Directions>
Output every record precisely.

Given entries>

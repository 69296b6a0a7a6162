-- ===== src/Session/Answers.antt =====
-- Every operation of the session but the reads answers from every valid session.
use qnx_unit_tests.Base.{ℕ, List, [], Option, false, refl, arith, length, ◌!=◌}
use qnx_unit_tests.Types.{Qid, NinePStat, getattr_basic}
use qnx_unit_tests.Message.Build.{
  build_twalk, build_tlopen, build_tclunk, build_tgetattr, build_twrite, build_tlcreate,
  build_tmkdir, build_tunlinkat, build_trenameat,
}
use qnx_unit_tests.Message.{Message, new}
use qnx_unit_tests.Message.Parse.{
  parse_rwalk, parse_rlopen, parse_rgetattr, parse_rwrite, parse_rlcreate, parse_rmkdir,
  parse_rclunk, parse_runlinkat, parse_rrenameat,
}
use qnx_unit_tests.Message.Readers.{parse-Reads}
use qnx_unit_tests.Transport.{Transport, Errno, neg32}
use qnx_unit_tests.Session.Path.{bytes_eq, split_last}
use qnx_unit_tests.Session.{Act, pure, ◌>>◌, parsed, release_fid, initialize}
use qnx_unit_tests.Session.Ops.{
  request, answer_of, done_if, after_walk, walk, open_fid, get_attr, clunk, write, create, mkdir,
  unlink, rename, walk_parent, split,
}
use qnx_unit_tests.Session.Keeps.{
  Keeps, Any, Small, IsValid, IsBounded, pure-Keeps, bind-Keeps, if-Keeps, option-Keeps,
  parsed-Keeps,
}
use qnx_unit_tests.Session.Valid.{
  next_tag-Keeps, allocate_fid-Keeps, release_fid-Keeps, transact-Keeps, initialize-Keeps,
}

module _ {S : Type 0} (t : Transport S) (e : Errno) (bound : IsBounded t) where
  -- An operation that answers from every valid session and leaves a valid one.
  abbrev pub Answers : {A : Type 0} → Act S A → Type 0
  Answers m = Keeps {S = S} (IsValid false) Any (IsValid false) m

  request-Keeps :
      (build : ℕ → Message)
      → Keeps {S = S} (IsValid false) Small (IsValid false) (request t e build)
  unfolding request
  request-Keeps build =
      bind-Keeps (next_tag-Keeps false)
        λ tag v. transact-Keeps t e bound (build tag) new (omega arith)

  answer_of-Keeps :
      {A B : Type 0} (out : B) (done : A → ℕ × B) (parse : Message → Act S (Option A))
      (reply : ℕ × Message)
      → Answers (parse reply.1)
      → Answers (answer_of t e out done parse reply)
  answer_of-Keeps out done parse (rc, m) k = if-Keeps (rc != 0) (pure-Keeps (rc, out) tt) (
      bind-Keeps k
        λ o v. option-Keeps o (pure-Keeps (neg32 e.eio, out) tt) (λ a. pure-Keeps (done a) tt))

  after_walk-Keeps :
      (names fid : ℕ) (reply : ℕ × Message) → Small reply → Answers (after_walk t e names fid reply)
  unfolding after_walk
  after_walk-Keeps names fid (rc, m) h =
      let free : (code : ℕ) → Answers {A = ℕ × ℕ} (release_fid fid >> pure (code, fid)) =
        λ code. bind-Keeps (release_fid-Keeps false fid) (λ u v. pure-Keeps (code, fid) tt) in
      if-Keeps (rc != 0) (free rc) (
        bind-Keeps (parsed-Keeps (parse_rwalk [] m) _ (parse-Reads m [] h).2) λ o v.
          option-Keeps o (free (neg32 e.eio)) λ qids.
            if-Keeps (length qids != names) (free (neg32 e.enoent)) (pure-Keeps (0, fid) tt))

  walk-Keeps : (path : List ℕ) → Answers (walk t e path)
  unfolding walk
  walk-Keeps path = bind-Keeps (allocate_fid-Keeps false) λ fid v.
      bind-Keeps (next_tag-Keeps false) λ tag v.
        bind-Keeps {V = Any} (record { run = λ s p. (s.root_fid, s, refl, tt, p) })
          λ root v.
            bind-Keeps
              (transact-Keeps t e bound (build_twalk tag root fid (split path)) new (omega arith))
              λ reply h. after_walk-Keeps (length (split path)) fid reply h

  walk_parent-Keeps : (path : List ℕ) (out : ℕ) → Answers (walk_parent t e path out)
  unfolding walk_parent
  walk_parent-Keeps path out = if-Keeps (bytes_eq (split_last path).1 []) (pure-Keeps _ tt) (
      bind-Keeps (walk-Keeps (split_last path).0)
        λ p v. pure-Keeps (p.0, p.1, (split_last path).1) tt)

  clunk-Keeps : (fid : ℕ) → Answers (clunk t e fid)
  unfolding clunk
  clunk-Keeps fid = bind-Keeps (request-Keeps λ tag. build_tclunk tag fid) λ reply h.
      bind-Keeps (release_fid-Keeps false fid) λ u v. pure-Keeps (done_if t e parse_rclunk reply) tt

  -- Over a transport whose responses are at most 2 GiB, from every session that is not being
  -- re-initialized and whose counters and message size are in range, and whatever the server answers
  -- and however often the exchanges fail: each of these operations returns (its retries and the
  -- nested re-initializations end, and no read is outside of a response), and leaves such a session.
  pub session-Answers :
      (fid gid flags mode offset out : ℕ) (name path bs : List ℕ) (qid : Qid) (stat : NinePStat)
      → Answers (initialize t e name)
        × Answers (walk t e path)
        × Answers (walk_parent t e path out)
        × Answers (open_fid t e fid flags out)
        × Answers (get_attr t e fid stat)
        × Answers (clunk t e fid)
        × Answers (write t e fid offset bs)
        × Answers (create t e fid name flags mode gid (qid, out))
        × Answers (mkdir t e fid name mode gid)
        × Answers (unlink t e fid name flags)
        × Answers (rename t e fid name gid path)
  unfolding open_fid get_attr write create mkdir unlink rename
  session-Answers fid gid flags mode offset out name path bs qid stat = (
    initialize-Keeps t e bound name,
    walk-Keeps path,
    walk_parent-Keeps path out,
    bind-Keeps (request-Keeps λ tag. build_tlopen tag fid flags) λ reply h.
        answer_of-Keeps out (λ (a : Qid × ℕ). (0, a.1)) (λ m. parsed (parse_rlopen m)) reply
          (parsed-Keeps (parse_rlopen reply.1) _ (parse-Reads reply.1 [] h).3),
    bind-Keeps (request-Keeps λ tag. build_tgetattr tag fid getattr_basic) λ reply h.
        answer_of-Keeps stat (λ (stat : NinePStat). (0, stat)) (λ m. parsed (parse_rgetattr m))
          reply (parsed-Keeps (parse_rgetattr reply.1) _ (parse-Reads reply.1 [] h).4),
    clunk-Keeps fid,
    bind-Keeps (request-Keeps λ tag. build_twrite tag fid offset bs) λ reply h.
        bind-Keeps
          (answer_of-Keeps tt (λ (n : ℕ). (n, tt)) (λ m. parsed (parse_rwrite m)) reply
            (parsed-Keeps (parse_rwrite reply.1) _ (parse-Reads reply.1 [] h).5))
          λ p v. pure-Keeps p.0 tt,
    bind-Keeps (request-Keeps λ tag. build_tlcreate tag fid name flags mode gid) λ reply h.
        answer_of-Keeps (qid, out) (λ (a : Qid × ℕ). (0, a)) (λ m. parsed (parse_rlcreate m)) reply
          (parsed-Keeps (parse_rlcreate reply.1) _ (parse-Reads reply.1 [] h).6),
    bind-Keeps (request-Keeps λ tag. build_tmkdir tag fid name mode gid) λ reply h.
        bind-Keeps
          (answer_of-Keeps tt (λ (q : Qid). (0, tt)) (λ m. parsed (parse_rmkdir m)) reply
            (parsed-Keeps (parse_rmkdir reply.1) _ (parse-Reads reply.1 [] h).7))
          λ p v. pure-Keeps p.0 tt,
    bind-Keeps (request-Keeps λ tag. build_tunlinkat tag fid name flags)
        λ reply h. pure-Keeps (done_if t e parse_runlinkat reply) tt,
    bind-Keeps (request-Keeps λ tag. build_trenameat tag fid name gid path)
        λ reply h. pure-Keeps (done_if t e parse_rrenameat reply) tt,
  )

Task response>
repository 69296b6a0a7a6162
-- ===== src/Session/Answers.antt =====
-- Every operation of the session but the reads answers from every valid session.
use qnx_unit_tests.Base.{ℕ, List, [], Option, false, refl, arith, length, ◌!=◌}
use qnx_unit_tests.Types.{Qid, NinePStat, getattr_basic}
use qnx_unit_tests.Message.Build.{
  build_twalk, build_tlopen, build_tclunk, build_tgetattr, build_twrite, build_tlcreate,
  build_tmkdir, build_tunlinkat, build_trenameat,
}
use qnx_unit_tests.Message.{Message, new}
use qnx_unit_tests.Message.Parse.{
  parse_rwalk, parse_rlopen, parse_rgetattr, parse_rwrite, parse_rlcreate, parse_rmkdir,
  parse_rclunk, parse_runlinkat, parse_rrenameat,
}
use qnx_unit_tests.Message.Readers.{parse-Reads}
use qnx_unit_tests.Transport.{Transport, Errno, neg32}
use qnx_unit_tests.Session.Path.{bytes_eq, split_last}
use qnx_unit_tests.Session.{Act, pure, ◌>>◌, parsed, release_fid, initialize}
use qnx_unit_tests.Session.Ops.{
  request, answer_of, done_if, after_walk, walk, open_fid, get_attr, clunk, write, create, mkdir,
  unlink, rename, walk_parent, split,
}
use qnx_unit_tests.Session.Keeps.{
  Keeps, Any, Small, IsValid, IsBounded, pure-Keeps, bind-Keeps, if-Keeps, option-Keeps,
  parsed-Keeps,
}
use qnx_unit_tests.Session.Valid.{
  next_tag-Keeps, allocate_fid-Keeps, release_fid-Keeps, transact-Keeps, initialize-Keeps,
}

module _ {S : Type 0} (t : Transport S) (e : Errno) (bound : IsBounded t) where
  -- An operation that answers from every valid session and leaves a valid one.
  abbrev pub Answers : {A : Type 0} → Act S A → Type 0
  Answers m = Keeps {S = S} (IsValid false) Any (IsValid false) m

  request-Keeps :
      (build : ℕ → Message)
      → Keeps {S = S} (IsValid false) Small (IsValid false) (request t e build)
  unfolding request
  request-Keeps build =
      bind-Keeps (next_tag-Keeps false)
        λ tag v. transact-Keeps t e bound (build tag) new (omega arith)

  answer_of-Keeps :
      {A B : Type 0} (out : B) (done : A → ℕ × B) (parse : Message → Act S (Option A))
      (reply : ℕ × Message)
      → Answers (parse reply.1)
      → Answers (answer_of t e out done parse reply)
  answer_of-Keeps out done parse (rc, m) k = if-Keeps (rc != 0) (pure-Keeps (rc, out) tt) (
      bind-Keeps k
        λ o v. option-Keeps o (pure-Keeps (neg32 e.eio, out) tt) (λ a. pure-Keeps (done a) tt))

  after_walk-Keeps :
      (names fid : ℕ) (reply : ℕ × Message) → Small reply → Answers (after_walk t e names fid reply)
  unfolding after_walk
  after_walk-Keeps names fid (rc, m) h =
      let free : (code : ℕ) → Answers {A = ℕ × ℕ} (release_fid fid >> pure (code, fid)) =
        λ code. bind-Keeps (release_fid-Keeps false fid) (λ u v. pure-Keeps (code, fid) tt) in
      if-Keeps (rc != 0) (free rc) (
        bind-Keeps (parsed-Keeps (parse_rwalk [] m) _ (parse-Reads m [] h).2) λ o v.
          option-Keeps o (free (neg32 e.eio)) λ qids.
            if-Keeps (length qids != names) (free (neg32 e.enoent)) (pure-Keeps (0, fid) tt))

  walk-Keeps : (path : List ℕ) → Answers (walk t e path)
  unfolding walk
  walk-Keeps path = bind-Keeps (allocate_fid-Keeps false) λ fid v.
      bind-Keeps (next_tag-Keeps false) λ tag v.
        bind-Keeps {V = Any} (record { run = λ s p. (s.root_fid, s, refl, tt, p) })
          λ root v.
            bind-Keeps
              (transact-Keeps t e bound (build_twalk tag root fid (split path)) new (omega arith))
              λ reply h. after_walk-Keeps (length (split path)) fid reply h

  walk_parent-Keeps : (path : List ℕ) (out : ℕ) → Answers (walk_parent t e path out)
  unfolding walk_parent
  walk_parent-Keeps path out = if-Keeps (bytes_eq (split_last path).1 []) (pure-Keeps _ tt) (
      bind-Keeps (walk-Keeps (split_last path).0)
        λ p v. pure-Keeps (p.0, p.1, (split_last path).1) tt)

  clunk-Keeps : (fid : ℕ) → Answers (clunk t e fid)
  unfolding clunk
  clunk-Keeps fid = bind-Keeps (request-Keeps λ tag. build_tclunk tag fid) λ reply h.
      bind-Keeps (release_fid-Keeps false fid) λ u v. pure-Keeps (done_if t e parse_rclunk reply) tt

  -- Over a transport whose responses are at most 2 GiB, from every session that is not being
  -- re-initialized and whose counters and message size are in range, and whatever the server answers
  -- and however often the exchanges fail: each of these operations returns (its retries and the
  -- nested re-initializations end, and no read is outside of a response), and leaves such a session.
  pub session-Answers :
      (fid gid flags mode offset out : ℕ) (name path bs : List ℕ) (qid : Qid) (stat : NinePStat)
      → Answers (initialize t e name)
        × Answers (walk t e path)
        × Answers (walk_parent t e path out)
        × Answers (open_fid t e fid flags out)
        × Answers (get_attr t e fid stat)
        × Answers (clunk t e fid)
        × Answers (write t e fid offset bs)
        × Answers (create t e fid name flags mode gid (qid, out))
        × Answers (mkdir t e fid name mode gid)
        × Answers (unlink t e fid name flags)
        × Answers (rename t e fid name gid path)
  unfolding open_fid get_attr write create mkdir unlink rename
  session-Answers fid gid flags mode offset out name path bs qid stat = (
    initialize-Keeps t e bound name,
    walk-Keeps path,
    walk_parent-Keeps path out,
    bind-Keeps (request-Keeps λ tag. build_tlopen tag fid flags) λ reply h.
        answer_of-Keeps out (λ (a : Qid × ℕ). (0, a.1)) (λ m. parsed (parse_rlopen m)) reply
          (parsed-Keeps (parse_rlopen reply.1) _ (parse-Reads reply.1 [] h).3),
    bind-Keeps (request-Keeps λ tag. build_tgetattr tag fid getattr_basic) λ reply h.
        answer_of-Keeps stat (λ (stat : NinePStat). (0, stat)) (λ m. parsed (parse_rgetattr m))
          reply (parsed-Keeps (parse_rgetattr reply.1) _ (parse-Reads reply.1 [] h).4),
    clunk-Keeps fid,
    bind-Keeps (request-Keeps λ tag. build_twrite tag fid offset bs) λ reply h.
        bind-Keeps
          (answer_of-Keeps tt (λ (n : ℕ). (n, tt)) (λ m. parsed (parse_rwrite m)) reply
            (parsed-Keeps (parse_rwrite reply.1) _ (parse-Reads reply.1 [] h).5))
          λ p v. pure-Keeps p.0 tt,
    bind-Keeps (request-Keeps λ tag. build_tlcreate tag fid name flags mode gid) λ reply h.
        answer_of-Keeps (qid, out) (λ (a : Qid × ℕ). (0, a)) (λ m. parsed (parse_rlcreate m)) reply
          (parsed-Keeps (parse_rlcreate reply.1) _ (parse-Reads reply.1 [] h).6),
    bind-Keeps (request-Keeps λ tag. build_tmkdir tag fid name mode gid) λ reply h.
        bind-Keeps
          (answer_of-Keeps tt (λ (q : Qid). (0, tt)) (λ m. parsed (parse_rmkdir m)) reply
            (parsed-Keeps (parse_rmkdir reply.1) _ (parse-Reads reply.1 [] h).7))
          λ p v. pure-Keeps p.0 tt,
    bind-Keeps (request-Keeps λ tag. build_tunlinkat tag fid name flags)
        λ reply h. pure-Keeps (done_if t e parse_runlinkat reply) tt,
    bind-Keeps (request-Keeps λ tag. build_trenameat tag fid name gid path)
        λ reply h. pure-Keeps (done_if t e parse_rrenameat reply) tt,
  )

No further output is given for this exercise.